> [PROBLEM DESCRIPTION]: Take the lines below beginning at the line that has "Over-suc : (bound" and stopping after the line that has "Over-suc bound zero (suc", and print them exactly as they are, with no other lines.

> [DATA EXTRACT]:
------------------------------------------------------------------------

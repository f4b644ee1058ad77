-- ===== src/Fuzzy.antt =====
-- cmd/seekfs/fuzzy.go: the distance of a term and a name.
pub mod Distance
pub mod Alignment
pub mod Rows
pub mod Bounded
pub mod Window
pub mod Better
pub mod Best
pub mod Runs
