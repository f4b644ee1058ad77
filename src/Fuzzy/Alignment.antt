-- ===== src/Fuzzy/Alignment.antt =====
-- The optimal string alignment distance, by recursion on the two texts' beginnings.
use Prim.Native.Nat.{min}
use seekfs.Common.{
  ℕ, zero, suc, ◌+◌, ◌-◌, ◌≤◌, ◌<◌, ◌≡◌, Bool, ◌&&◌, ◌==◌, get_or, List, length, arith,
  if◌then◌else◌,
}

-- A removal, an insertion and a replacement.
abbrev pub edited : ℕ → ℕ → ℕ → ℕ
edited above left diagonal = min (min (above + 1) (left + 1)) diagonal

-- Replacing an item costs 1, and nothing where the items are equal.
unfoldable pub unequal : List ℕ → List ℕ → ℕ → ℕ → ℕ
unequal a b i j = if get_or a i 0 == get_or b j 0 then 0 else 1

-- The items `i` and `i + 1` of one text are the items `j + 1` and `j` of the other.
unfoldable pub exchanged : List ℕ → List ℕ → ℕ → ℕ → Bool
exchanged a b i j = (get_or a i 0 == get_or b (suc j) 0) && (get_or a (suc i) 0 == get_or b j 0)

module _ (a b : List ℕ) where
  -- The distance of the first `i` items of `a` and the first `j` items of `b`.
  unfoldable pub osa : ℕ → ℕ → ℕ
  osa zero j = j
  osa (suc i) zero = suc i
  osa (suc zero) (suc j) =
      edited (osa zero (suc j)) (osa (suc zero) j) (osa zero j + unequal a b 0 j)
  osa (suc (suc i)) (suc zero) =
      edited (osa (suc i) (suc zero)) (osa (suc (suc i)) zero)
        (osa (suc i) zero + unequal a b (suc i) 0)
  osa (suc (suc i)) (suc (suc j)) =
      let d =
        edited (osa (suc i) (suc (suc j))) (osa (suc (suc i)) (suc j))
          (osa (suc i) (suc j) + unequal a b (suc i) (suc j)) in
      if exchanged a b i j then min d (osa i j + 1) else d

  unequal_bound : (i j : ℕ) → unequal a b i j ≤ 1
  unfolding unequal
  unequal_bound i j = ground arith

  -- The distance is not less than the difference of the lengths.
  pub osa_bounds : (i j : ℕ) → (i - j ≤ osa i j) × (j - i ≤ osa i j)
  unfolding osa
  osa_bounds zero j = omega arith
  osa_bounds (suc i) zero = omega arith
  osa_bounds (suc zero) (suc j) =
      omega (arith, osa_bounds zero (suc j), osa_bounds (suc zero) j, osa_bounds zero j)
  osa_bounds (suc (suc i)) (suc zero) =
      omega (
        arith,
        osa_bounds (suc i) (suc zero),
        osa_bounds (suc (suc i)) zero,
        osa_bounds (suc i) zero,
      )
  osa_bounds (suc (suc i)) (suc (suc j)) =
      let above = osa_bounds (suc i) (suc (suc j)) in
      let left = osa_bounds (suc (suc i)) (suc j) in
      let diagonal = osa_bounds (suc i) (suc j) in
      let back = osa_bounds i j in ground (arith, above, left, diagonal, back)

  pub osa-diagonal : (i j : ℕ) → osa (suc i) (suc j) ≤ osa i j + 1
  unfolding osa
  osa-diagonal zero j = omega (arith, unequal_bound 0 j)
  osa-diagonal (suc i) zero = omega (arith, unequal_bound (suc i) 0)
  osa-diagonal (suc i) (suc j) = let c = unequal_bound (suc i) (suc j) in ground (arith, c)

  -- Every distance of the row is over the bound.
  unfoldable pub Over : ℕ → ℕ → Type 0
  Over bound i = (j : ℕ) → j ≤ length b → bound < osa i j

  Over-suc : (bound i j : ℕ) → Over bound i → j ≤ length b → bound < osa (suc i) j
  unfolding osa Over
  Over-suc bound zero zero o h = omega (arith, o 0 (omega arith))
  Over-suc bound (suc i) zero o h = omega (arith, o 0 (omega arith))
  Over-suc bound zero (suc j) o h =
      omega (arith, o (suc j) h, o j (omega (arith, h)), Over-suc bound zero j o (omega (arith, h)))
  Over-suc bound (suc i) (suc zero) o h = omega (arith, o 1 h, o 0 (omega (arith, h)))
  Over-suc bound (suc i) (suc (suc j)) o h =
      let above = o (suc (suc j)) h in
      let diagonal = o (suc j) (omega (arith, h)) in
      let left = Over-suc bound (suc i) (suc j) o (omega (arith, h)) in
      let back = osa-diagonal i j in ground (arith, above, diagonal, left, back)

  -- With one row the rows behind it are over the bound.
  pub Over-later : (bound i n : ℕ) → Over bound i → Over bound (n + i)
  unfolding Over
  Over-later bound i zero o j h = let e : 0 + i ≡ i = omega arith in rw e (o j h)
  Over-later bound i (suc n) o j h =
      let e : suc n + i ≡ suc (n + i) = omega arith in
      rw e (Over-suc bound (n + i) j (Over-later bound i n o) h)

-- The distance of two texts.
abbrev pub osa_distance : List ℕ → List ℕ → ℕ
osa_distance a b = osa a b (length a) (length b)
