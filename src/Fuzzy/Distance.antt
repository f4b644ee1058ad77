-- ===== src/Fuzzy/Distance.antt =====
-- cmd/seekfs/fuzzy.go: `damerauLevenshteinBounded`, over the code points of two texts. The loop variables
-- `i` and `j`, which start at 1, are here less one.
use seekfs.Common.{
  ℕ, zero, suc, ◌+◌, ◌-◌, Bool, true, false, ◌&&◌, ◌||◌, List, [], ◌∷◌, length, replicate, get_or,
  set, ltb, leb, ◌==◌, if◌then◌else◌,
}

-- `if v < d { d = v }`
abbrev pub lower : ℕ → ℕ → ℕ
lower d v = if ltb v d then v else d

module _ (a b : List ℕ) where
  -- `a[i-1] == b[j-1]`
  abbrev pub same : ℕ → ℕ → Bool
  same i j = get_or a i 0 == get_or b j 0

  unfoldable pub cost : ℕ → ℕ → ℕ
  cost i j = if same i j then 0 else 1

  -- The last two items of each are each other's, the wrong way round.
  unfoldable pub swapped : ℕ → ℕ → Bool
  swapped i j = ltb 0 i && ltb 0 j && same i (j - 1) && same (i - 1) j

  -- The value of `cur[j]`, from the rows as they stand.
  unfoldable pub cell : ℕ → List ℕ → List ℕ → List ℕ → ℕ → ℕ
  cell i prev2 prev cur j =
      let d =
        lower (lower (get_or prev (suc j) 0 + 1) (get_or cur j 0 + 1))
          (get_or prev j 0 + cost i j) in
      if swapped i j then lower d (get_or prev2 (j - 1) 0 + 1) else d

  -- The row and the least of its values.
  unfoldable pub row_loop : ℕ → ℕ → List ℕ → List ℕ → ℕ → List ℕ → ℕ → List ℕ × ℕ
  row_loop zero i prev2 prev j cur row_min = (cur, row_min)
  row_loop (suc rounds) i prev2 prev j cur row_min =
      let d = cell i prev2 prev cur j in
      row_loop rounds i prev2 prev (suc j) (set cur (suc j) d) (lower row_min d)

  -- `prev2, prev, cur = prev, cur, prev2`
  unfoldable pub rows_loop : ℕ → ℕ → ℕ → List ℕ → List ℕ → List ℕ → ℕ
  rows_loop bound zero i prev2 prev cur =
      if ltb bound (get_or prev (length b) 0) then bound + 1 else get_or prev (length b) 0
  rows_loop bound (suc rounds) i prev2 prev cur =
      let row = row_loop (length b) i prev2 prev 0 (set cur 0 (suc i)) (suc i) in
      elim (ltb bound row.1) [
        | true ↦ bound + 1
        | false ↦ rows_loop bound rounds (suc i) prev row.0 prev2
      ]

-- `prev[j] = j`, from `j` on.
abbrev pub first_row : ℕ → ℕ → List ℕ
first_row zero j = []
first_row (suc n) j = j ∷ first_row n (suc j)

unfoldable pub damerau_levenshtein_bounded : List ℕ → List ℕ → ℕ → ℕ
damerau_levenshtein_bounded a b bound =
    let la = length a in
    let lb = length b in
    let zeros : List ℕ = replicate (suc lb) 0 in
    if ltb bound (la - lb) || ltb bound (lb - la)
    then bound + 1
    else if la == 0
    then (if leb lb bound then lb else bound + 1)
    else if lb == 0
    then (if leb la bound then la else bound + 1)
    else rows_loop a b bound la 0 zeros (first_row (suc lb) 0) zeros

------------------------------------------------------------------------

> [SOLUTION TO THIS TASK]:
  Over-suc : (bound i j : ℕ) → Over bound i → j ≤ length b → bound < osa (suc i) j
  unfolding osa Over
  Over-suc bound zero zero o h = omega (arith, o 0 (omega arith))
  Over-suc bound (suc i) zero o h = omega (arith, o 0 (omega arith))
  Over-suc bound zero (suc j) o h =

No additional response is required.